Thank you J-Fowler57


----------



## mitchellde (May 19, 2012)

jroman72 said:


> Thank you Debra!
> 
> Do you do hospital coding? If so what type of service do you code?



I code inpatient, outpatient and physician.  I also teach all areas and all specialties in both ICD-9 Cm and CPT also ICD-10 CM.


----------



## ccosta (Jul 24, 2012)

it has always been my understanding that one must show a cause and effect of diabetes and any manifestation; this is done by using the terminology of "Due to", "Diabetic", or "Etiology of CKD is DM"; utilizing the word "with" does not show this relationship. this information comes from AHA and the coding clinic, is taught in coding classes and is stated the same for ICD-10.
Carl


----------



## mitchellde (Jul 24, 2012)

ccosta said:


> it has always been my understanding that one must show a cause and effect of diabetes and any manifestation; this is done by using the terminology of "Due to", "Diabetic", or "Etiology of CKD is DM"; utilizing the word "with" does not show this relationship. this information comes from AHA and the coding clinic, is taught in coding classes and is stated the same for ICD-10.
> Carl


The word "with" was redefined in the 2010 coding guidelines and since that time the use of the word with as in CKD with diabetes does indicate a causal relationship.

From the ICD-9 CM Oct 1 2011 coding guidelines page 9:
8. “With”
The word “with” should be interpreted to mean “associated with” or “due to” when it appears in a code title, the Alphabetic Index, or an instructional note in the Tabular List.
The word “with” in the alphabetic index is sequenced immediately following the main term, not in alphabetical order.

From the ICD-10 CM 2012 coding guidelines:
15. “With”
The word “with” should be interpreted to mean “associated with” or “due to” when it appears in a code title, the Alphabetic Index, or an instructional note in the Tabular List.
The word “with” in the Alphabetic Index is sequenced immediately following the main term, not in alphabetical order.

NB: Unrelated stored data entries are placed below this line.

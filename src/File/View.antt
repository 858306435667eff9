-- ===== src/File/View.antt =====
-- A file as its readers see it: one sequence of bytes, which chunkfs_i.h cuts into ranges that clients
-- hold. The bytes in the clients' files are a parameter.
use chunkfs.Base.{
  ℕ, ◌+◌, ◌-◌, ◌≤◌, ◌<◌, ◌≡◌, ◌≢◌, ◌⊎◌, inl, inr, refl, sym, ap, ◌∙◌, false, List, [], ◌∷◌, arith,
  length, take, ltb, if◌then◌else◌, Bool-cases,
}
use chunkfs.Client.{ClientFile, Dentry, Transfer, moved, refused_io, Client}
use chunkfs.Cont.{Continuation}
use chunkfs.Walk.Same.{Same}
use chunkfs.Walk.Search.{Adjoin, end_from, end_from_grows, Has, Holder}
use chunkfs.File.Overwriting.{Bytes, window, overwrite}

-- What a client's `read` brought, and how much its `write` took.
abbrev pub delivered : Transfer (List ℕ) → List ℕ
delivered (moved bs) = bs
delivered (refused_io e) = []

abbrev pub accepted : Transfer ℕ → ℕ
accepted (moved n) = n
accepted (refused_io e) = 0

-- The bytes of a file's continuations, one behind the other; zero behind the end.
abbrev pub view : (Dentry → Bytes) → List Continuation → Bytes
view held [] o = 0
view held (n ∷ ns) o =
    let rest = view held ns o in
    if ltb o (n.co_cd.cd_start + n.co_cd.cd_len)
    then held n.co_dentry (o - n.co_cd.cd_start)
    else rest

-- Documented behaviour of the clients' files: `held` gives their bytes and `sizes` their sizes. A
-- `read` brings bytes that stand there, and none behind the end; a `write` replaces bytes of the one
-- file from the position on, as many as it says; `fsync` changes none. A transfer may be short or
-- fail. None of them changes names, inodes or attributes.
pub record ByteLaws (c : Client) (held : c.State → Dentry → Bytes) (sizes : c.State → Dentry → ℕ)
    : Type 0 where
  pub read_same : (s : c.State) (f : ClientFile) (len pos : ℕ) → Same c s (c.read s f len pos).fs
  pub read_brings :
      (s : c.State) (f : ClientFile) (len pos : ℕ)
      → let bs = delivered (c.read s f len pos).result in
        (bs ≡ window (held s f.f_dentry) pos (length bs))
        × (length bs ≤ len)
        × (length bs ≤ sizes s f.f_dentry - pos)
  pub read_held :
      (s : c.State) (f : ClientFile) (len pos : ℕ) (d : Dentry) (o : ℕ)
      → held (c.read s f len pos).fs d o ≡ held s d o
  pub read_sizes :
      (s : c.State) (f : ClientFile) (len pos : ℕ) (d : Dentry)
      → sizes (c.read s f len pos).fs d ≡ sizes s d
  pub write_same :
      (s : c.State) (f : ClientFile) (bs : List ℕ) (pos : ℕ) → Same c s (c.write s f bs pos).fs
  pub write_takes :
      (s : c.State) (f : ClientFile) (bs : List ℕ) (pos : ℕ)
      → accepted (c.write s f bs pos).result ≤ length bs
  pub write_held :
      (s : c.State) (f : ClientFile) (bs : List ℕ) (pos o : ℕ)
      → let a = c.write s f bs pos in
        held a.fs f.f_dentry o ≡ overwrite (held s f.f_dentry) pos (take (accepted a.result) bs) o
  pub write_other :
      (s : c.State) (f : ClientFile) (bs : List ℕ) (pos : ℕ) (d : Dentry) (o : ℕ)
      → d ≢ f.f_dentry
      → held (c.write s f bs pos).fs d o ≡ held s d o
  pub write_sizes :
      (s : c.State) (f : ClientFile) (bs : List ℕ) (pos : ℕ) (d : Dentry)
      → let a = c.write s f bs pos in
        (sizes a.fs d ≤ sizes s d) ⊎ ((d ≡ f.f_dentry) × (sizes a.fs d ≤ pos + accepted a.result))
  pub fsync_same : (s : c.State) (d : Dentry) → Same c s (c.fsync s d).1
  pub fsync_held : (s : c.State) (x d : Dentry) (o : ℕ) → held (c.fsync s x).1 d o ≡ held s d o
  pub fsync_sizes : (s : c.State) (x d : Dentry) → sizes (c.fsync s x).1 d ≡ sizes s d

starts_behind :
    (s : ℕ) (ns : List Continuation) (n : Continuation)
    → Adjoin s ns
    → Has n ns
    → s ≤ n.co_cd.cd_start
starts_behind s [] n adj h = absurd h
starts_behind s (m ∷ ms) n adj (inl e) = rw e (omega (arith, adj.0))
starts_behind s (m ∷ ms) n adj (inr h) =
    omega (arith, starts_behind (s + m.co_cd.cd_len) ms n adj.1 h)

-- The byte at an offset is the one that the client of its continuation holds.
pub view-Holder :
    (held : Dentry → Bytes) (s : ℕ) (ns : List Continuation) (n : Continuation) (o : ℕ)
    → Adjoin s ns
    → Has n ns
    → n.co_cd.cd_start ≤ o
    → o < n.co_cd.cd_start + n.co_cd.cd_len
    → view held ns o ≡ held n.co_dentry (o - n.co_cd.cd_start)
view-Holder held s [] n o adj h lo hi = absurd h
view-Holder held s (m ∷ ms) n o adj (inl e) lo hi = rw (← e) (ground arith)
view-Holder held s (m ∷ ms) n o adj (inr h) lo hi =
    let behind = starts_behind (s + m.co_cd.cd_len) ms n adj.1 h in
    let later : ltb o (m.co_cd.cd_start + m.co_cd.cd_len) ≡ false = ground (arith, adj.0) in
    rw later (view-Holder held (s + m.co_cd.cd_len) ms n o adj.1 h lo hi)

-- No two continuations have the same file.
abbrev pub Apart : List Continuation → Type 0
Apart ns = (n m : Continuation) → Has n ns → Has m ns → n.co_dentry ≡ m.co_dentry → n ≡ m

-- Every client's file is at most as long as its range.
abbrev pub Bounded : (Dentry → ℕ) → List Continuation → Type 0
Bounded sizes ns = (n : Continuation) → Has n ns → sizes n.co_dentry ≤ n.co_cd.cd_len

-- What another client's file holds makes no difference to the ranges of the others.
pub view_other :
    (held held' : Dentry → Bytes) (s : ℕ) (ns : List Continuation) (o : ℕ)
    → Adjoin s ns
    → s ≤ o
    → ((m : Continuation)
        → Has m ns
        → m.co_cd.cd_start ≤ o
        → o < m.co_cd.cd_start + m.co_cd.cd_len
        → held' m.co_dentry (o - m.co_cd.cd_start) ≡ held m.co_dentry (o - m.co_cd.cd_start))
    → view held' ns o ≡ view held ns o
view_other held held' s [] o adj lo h = refl
view_other held held' s (m ∷ ms) o adj lo h =
    elim (Bool-cases (ltb o (m.co_cd.cd_start + m.co_cd.cd_len))) [
      | inl here ↦ rw here (h m (inl refl) (omega (arith, adj.0)) (ground arith))
      | inr later ↦ rw later (
          view_other held held' (s + m.co_cd.cd_len) ms o adj.1 (ground (arith, adj.0))
            (λ n has. h n (inr has)))
    ]

-- Just one continuation holds an offset.
pub Holder-unique :
    (s o : ℕ) (ns : List Continuation) (n m : Continuation)
    → Adjoin s ns
    → Holder o ns n
    → Holder o ns m
    → n ≡ m
Holder-unique s o ns n m adj p q = one ns s adj p.member q.member
  where
    one : (ns : List Continuation) (s : ℕ) → Adjoin s ns → Has n ns → Has m ns → n ≡ m
    one [] s adj a b = absurd a
    one (x ∷ xs) s adj (inl a) (inl b) = a ∙ sym b
    one (x ∷ xs) s adj (inl a) (inr b) =
        let len = ap (λ x. x.co_cd.cd_len) a in
        let start = ap (λ x. x.co_cd.cd_start) a in
        absurd (omega (arith, starts_behind (s + x.co_cd.cd_len) xs m adj.1 b, adj.0, p.to, q.from))
    one (x ∷ xs) s adj (inr a) (inl b) =
        let len = ap (λ x. x.co_cd.cd_len) b in
        let start = ap (λ x. x.co_cd.cd_start) b in
        absurd (omega (arith, starts_behind (s + x.co_cd.cd_len) xs n adj.1 a, adj.0, q.to, p.from))
    one (x ∷ xs) s adj (inr a) (inr b) = one xs (s + x.co_cd.cd_len) adj.1 a b

-- A range ends where the file ends, or before.
pub range-le-end :
    (s : ℕ) (ms : List Continuation) (n : Continuation)
    → Adjoin s ms
    → Has n ms
    → n.co_cd.cd_start + n.co_cd.cd_len ≤ end_from s ms
range-le-end s [] n adj has = absurd has
range-le-end s (m ∷ ms) n adj (inl e) =
    rw e (omega (arith, adj.0, end_from_grows (s + m.co_cd.cd_len) ms))
range-le-end s (m ∷ ms) n adj (inr has) = range-le-end (s + m.co_cd.cd_len) ms n adj.1 has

The coding clinics may be prior to this timeframe.


----------



## ccosta (Jul 25, 2012)

Debra,
I do agree with you that the guideline states the word with should be associated with due to, however that is in reference to the code title, not when it appears in the medical record, which is where I was referring to. 
This seems to be a major disconnect between the providers and the coders, since the wording of the descriptor states "with" and we are asking for "due to" or "diabetic"; the providers' response is, well that is what the code states. 
As far as AHA coding guidelines goes, the only reference I have found is the statement that you can use the casual relationship between DM and Neuropathy even if it isn't stated as due to or diabetic, this is the same casual relationship that is used with CKD and Htn. 
If you know of any other documented statements that clarify this issue I would love to have them, it would make my education and coding staff's work a lot easier.
Thanks,
Carl


----------



## Cortzea (Feb 24, 2015)

IN my case my Md documents as such: 

"Chronic kidney disease resulted from gradual renal deterioration. The etiology of the disease is thought to be diabetic nephropathy and hypertensive nephropathy"  

what code should i use as primary since the reason of appt was renal f/u


----------



## kgodda1 (Feb 24, 2015)

Stating DMII with CKDIII is _*not*_ enough to establish a causative relationship between diabetes and CKD.  The documentation you provided would cause me to assign a hypertensive CKD code and an uncomplicated DMII code.  But, I would first suggest you query the physician to make sure.  The physician should be aware his statement was ambiguous...it also provides an excellent opportunity to educate this physician on the importance of complete documentation.   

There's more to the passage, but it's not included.